Table 1. Differentially expressed genes between Foxp3YFPCre Aregfl/wt and Foxp3YFPCre Aregfl/fl mice at the three time points.

Hepatic Treg Cells Suppress Inflammatory Cellular Immunity Associated With Tissue Fibrosis

Because Treg depletion exacerbated CCl4-induced liver damage and fibrosis (Figure 2), we assessed inflammatory cellular components in the inflamed liver from FDG mice with or without DT treatment. Although it is technically challenging to detect small numbers of antigen-specific immune responses induced by CCl4-mediated liver damages, the proportions of hepatic Th1 and Th2 cells, but not Th17 cells, in both vehicle- and CCl4-treated FDG mice, were dramatically increased upon DT administration (Figures 4A,B). The mediators involved in fibrogenesis are distinct from those involved in inflammation (25). In contrast to the type 2 cytokine IL-4 signaling as a pro-fibrotic mediator, IFN-γ has been characterized as an anti-fibrotic cytokine in the context of CCl4-mediated liver fibrosis (26, 27). Notably, the Th2/Th1 cell ratio, which is associated with tissue fibrosis, was specifically increased by the combination of CCl4 treatment and Treg depletion, but not by Treg depletion alone (Figure 4C). The proportions of CD8+ cytotoxic T cells in the CD45+ population also increased (Figure 4D). We next focused on Ly-6Chigh inflammatory monocytes/macrophages, which are also reported as a pro-fibrotic immune subset (20, 28), and compared the expression of relevant genes in the inflamed liver of CCl4-treated FDG mice with or without DT. Several cell surface markers for Ly-6Chigh inflammatory monocytes/macrophages, such as Ly6c2, Ccr2, Csf1r, and Sell, were significantly upregulated in Treg-depleted FDG mice (Figure 4E). In addition, GSEA revealed the significant enrichment of Ly-6Chigh inflammatory monocytes/macrophage signatures by Treg depletion. Ly-6Clow macrophage signatures, which are supposed to be an anti-fibrotic subset, were unchanged (Figure 4F). We also validated this finding by FACS analysis. The frequencies of Ly-6Chigh CCR2high inflammatory monocytes/macrophages were substantially expanded in the Treg-depleted fibrotic liver (Figures 4G,H).

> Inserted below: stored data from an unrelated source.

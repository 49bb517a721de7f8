-- ===== src/Manager.antt =====
-- manager_windows.go: installing, removing, querying and controlling a service.
pub mod Calls
pub mod Install
pub mod Remove
pub mod Control
pub mod Elevate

Collectively, these data indicated that Treg cells suppress the aberrant activation and expansion of the pro-fibrotic cellular immunity, especially Th2 cells and Ly-6Chigh CCR2high inflammatory monocytes/macrophages, during CCl4-induced liver inflammation, thereby inhibiting the progression of liver fibrosis.

FIGURE 4
www.frontiersin.org

Figure 4. Treg-cell depletion in CCl4-treated FDG mice induces the activation and expansion of pro-fibrotic cellular immunity. (A,B) Proportions of IFN-γ, IL-4, and IL-17-producing hepatic CD4+ T cells from DT(−) or DT(+) FDG mice after vehicle (Veh) or CCl4 treatment. (C) Th2/Th1 cell ratios of hepatic CD4+ T cells from DT(−) or DT(+) FDG mice after Veh or CCl4 treatment. (D) Proportions of CD8a+ T cells in hepatic CD45.2+ cells after treatment. (E) Gene expression profiles of hepatic monocyte/macrophage associated genes from RNA-seq data of CCl4-treated DT(−) or DT(+) FDG mice (n = 3–4). Vertical bars denote SD. (F) Gene set enrichment analysis of liver RNA-seq data from DT(−) and DT(+) FDG mice with Ly-6Chigh- and Ly-6Clow-enriched signature as detailed in section “Materials and Methods.” (G,H) Proportions of Ly-6Chigh CCR2high cells in hepatic Ly-6G- CD11b+ cells (G) and CD45.2+ cells (H) from CCl4-treated DT(−) or DT(+) FDG mice. Horizontal bars indicate the means in panels (B–D,H); *p < 0.05, **p < 0.01. Data are representative of two independent experiments in panels (A,G). Data are pooled from two experiments in panels (B–D,H).

Discussion

The current research focus seeks to understand tissue adaptation and organ-specific roles of Treg cells under physiological and pathological conditions. Accumulated evidence has indicated diverse immune suppression mechanisms of tissue Treg cells that operate in a cell-contact or secretory molecule-dependent manner (3). Moreover, recent findings have provided novel insight into Treg non-canonical functions in tissue regeneration and repair by the crosstalk between Treg and mesenchymal cells through amphiregulin in the inflamed brain, muscle, and lung (911). In this study, we demonstrate that Treg cells prevent liver pathology in a CCl4-induced liver fibrosis model by limiting the aberrant activation of pro-fibrotic cellular immunity, including Th2 cells and Ly-6Chigh CCR2high inflammatory monocytes/macrophages. Conversely, the tissue protective role of Treg-derived amphiregulin was limited in CCl4-induced liver inflammation and fibrosis, despite the predominant expression of amphiregulin in hepatic Treg cells.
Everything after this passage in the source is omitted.